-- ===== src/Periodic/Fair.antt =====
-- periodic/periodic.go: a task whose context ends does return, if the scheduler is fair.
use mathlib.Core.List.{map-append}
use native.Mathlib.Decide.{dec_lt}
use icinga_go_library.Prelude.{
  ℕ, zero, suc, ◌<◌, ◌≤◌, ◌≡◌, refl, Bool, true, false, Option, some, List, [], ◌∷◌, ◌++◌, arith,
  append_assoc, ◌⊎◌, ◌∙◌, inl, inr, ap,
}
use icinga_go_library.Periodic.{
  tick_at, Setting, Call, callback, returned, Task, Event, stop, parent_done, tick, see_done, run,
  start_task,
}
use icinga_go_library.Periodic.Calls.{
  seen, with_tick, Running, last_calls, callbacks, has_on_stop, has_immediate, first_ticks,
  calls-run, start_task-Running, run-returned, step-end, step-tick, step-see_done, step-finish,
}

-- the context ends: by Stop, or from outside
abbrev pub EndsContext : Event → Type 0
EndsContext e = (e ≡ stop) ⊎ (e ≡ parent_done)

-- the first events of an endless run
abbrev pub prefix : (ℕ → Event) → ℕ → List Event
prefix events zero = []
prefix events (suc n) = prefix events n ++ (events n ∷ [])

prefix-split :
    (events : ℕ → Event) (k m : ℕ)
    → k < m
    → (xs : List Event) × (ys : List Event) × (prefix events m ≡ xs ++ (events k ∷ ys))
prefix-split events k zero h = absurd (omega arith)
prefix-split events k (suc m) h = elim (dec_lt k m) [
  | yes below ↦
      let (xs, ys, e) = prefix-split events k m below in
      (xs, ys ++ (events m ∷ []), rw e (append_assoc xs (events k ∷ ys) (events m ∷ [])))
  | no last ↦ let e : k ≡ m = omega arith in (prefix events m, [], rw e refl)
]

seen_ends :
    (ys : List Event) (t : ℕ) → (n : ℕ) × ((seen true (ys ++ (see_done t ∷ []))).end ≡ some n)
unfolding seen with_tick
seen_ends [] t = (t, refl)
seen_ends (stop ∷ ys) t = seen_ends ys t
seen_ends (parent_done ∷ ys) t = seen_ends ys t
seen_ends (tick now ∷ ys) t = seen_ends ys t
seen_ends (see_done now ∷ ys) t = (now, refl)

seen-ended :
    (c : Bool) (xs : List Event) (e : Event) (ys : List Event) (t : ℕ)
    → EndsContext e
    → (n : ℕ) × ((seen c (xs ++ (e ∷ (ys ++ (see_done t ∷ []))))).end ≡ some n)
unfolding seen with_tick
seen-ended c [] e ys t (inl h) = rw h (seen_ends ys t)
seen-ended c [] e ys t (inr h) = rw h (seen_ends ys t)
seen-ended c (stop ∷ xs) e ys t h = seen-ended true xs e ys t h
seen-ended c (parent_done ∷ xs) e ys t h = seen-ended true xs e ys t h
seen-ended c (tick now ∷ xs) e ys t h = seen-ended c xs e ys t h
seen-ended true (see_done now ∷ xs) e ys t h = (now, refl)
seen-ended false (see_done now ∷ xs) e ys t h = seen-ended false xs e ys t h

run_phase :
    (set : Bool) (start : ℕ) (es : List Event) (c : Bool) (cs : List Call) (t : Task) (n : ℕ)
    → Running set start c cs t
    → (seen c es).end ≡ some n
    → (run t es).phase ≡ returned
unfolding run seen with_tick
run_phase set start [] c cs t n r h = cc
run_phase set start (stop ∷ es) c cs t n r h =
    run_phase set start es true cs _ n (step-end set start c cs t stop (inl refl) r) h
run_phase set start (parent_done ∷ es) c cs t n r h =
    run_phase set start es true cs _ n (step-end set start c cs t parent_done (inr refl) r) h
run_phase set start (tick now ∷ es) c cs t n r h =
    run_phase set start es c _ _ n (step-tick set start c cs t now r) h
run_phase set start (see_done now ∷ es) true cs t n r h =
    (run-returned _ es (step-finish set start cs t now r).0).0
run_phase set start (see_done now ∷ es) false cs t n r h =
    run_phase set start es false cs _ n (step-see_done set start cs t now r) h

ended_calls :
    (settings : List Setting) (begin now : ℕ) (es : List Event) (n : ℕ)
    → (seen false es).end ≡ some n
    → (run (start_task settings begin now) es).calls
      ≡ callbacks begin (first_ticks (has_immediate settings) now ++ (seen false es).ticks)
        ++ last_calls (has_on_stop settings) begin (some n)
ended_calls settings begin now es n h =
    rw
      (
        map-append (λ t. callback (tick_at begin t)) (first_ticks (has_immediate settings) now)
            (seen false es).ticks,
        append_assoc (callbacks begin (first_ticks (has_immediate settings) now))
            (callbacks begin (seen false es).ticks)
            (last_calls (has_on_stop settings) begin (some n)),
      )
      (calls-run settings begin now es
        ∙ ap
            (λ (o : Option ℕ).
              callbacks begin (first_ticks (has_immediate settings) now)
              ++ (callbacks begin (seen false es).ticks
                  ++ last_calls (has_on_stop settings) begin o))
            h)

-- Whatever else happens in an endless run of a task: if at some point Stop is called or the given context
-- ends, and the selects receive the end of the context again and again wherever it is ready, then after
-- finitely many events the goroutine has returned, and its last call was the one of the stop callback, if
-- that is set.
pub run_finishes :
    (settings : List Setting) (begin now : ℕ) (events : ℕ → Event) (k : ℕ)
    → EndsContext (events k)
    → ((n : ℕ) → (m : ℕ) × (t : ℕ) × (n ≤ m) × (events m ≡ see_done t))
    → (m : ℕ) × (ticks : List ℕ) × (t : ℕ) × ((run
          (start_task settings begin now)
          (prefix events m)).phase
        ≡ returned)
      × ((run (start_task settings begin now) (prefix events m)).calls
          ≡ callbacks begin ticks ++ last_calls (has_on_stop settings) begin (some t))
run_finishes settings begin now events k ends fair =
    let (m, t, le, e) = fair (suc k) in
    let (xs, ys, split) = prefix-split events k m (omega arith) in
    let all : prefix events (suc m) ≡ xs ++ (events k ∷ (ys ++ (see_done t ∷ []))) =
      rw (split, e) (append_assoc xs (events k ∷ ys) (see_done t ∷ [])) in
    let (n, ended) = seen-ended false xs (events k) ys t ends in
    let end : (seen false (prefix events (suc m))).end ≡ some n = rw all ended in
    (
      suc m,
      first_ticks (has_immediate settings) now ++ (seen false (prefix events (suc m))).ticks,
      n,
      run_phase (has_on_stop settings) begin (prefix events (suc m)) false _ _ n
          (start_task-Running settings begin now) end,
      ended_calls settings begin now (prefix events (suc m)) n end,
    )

——

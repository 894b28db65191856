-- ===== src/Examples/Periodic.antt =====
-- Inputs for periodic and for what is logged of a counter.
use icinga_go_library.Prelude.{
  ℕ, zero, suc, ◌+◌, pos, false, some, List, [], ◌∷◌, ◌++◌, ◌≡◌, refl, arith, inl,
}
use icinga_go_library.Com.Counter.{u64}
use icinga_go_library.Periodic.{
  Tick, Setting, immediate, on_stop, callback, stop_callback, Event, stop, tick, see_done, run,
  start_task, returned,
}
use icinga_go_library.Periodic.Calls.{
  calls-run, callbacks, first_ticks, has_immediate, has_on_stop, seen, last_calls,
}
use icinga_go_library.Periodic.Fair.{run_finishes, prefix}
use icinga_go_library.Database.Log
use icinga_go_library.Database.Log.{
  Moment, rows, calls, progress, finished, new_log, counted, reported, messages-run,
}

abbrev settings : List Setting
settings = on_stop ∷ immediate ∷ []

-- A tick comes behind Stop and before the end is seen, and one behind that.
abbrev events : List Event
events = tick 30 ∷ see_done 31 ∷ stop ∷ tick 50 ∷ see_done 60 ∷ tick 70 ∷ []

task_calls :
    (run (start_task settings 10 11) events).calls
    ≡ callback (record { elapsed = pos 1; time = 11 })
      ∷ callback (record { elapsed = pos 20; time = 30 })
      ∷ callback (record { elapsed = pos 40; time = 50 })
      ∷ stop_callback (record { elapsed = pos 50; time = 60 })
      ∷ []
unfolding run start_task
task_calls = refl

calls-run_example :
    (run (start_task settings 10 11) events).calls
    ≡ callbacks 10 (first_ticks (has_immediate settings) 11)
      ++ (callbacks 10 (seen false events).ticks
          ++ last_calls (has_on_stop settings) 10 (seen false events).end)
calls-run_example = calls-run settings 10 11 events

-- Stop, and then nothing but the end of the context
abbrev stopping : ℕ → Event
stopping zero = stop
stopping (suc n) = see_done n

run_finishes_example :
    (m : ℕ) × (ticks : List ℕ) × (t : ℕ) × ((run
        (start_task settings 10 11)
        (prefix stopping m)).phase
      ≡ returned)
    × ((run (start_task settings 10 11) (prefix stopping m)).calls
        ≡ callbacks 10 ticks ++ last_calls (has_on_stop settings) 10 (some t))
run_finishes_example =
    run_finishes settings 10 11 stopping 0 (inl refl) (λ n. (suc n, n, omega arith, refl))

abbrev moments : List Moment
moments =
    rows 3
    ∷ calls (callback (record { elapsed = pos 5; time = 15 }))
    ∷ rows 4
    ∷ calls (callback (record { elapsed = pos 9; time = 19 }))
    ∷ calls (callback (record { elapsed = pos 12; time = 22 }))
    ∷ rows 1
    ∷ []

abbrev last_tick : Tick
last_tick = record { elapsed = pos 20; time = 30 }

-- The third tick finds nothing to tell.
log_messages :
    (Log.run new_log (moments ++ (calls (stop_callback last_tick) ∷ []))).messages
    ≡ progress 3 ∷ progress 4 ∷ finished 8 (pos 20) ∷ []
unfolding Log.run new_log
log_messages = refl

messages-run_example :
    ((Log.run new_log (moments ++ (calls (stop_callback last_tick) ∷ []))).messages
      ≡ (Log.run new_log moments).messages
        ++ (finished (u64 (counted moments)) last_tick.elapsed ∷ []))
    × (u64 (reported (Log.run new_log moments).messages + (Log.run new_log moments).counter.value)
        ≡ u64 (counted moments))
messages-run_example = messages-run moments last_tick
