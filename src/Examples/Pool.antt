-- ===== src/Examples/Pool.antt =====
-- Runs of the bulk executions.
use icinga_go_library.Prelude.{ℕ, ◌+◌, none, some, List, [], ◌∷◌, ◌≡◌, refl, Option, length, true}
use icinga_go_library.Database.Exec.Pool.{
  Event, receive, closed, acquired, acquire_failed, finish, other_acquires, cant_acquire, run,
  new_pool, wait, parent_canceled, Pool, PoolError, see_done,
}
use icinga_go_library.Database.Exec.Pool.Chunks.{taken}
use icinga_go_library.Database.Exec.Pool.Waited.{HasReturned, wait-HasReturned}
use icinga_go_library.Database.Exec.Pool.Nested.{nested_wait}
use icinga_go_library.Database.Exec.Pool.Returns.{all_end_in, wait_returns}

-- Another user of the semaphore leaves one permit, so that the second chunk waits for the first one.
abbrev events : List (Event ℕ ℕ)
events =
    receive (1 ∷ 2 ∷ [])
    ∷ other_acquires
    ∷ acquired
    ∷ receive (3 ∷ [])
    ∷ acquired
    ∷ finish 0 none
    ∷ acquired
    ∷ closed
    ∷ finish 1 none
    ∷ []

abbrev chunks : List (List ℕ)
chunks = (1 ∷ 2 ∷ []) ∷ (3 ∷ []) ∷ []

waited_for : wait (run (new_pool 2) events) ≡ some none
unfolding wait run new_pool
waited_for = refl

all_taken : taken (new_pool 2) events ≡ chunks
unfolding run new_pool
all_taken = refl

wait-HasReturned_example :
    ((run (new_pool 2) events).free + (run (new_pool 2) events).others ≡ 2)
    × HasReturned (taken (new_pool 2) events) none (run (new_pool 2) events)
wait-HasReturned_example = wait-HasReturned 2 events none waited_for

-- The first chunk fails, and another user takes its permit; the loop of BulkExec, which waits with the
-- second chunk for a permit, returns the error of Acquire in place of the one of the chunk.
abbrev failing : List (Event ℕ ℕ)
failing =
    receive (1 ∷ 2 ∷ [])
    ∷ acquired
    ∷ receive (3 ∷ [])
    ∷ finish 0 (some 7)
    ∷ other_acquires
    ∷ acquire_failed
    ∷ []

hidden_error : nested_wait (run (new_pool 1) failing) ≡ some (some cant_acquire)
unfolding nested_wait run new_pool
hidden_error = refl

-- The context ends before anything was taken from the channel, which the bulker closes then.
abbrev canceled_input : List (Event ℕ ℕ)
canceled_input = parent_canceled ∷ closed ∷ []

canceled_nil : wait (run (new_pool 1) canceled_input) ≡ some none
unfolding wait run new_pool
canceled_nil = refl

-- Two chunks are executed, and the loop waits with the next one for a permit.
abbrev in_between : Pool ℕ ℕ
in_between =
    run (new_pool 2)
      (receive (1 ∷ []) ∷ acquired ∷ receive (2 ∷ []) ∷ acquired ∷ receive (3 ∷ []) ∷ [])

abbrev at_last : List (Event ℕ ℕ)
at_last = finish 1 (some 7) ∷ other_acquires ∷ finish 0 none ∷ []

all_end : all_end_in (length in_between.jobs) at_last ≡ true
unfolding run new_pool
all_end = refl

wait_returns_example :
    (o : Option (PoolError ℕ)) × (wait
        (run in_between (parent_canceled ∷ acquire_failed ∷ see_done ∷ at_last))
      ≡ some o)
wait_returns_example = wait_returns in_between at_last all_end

——

WHAT TO PRODUCE – Determine the number of lines in the records that include the string "Bool", and respond with that number only.

ANSWER FOR THE TASK – 3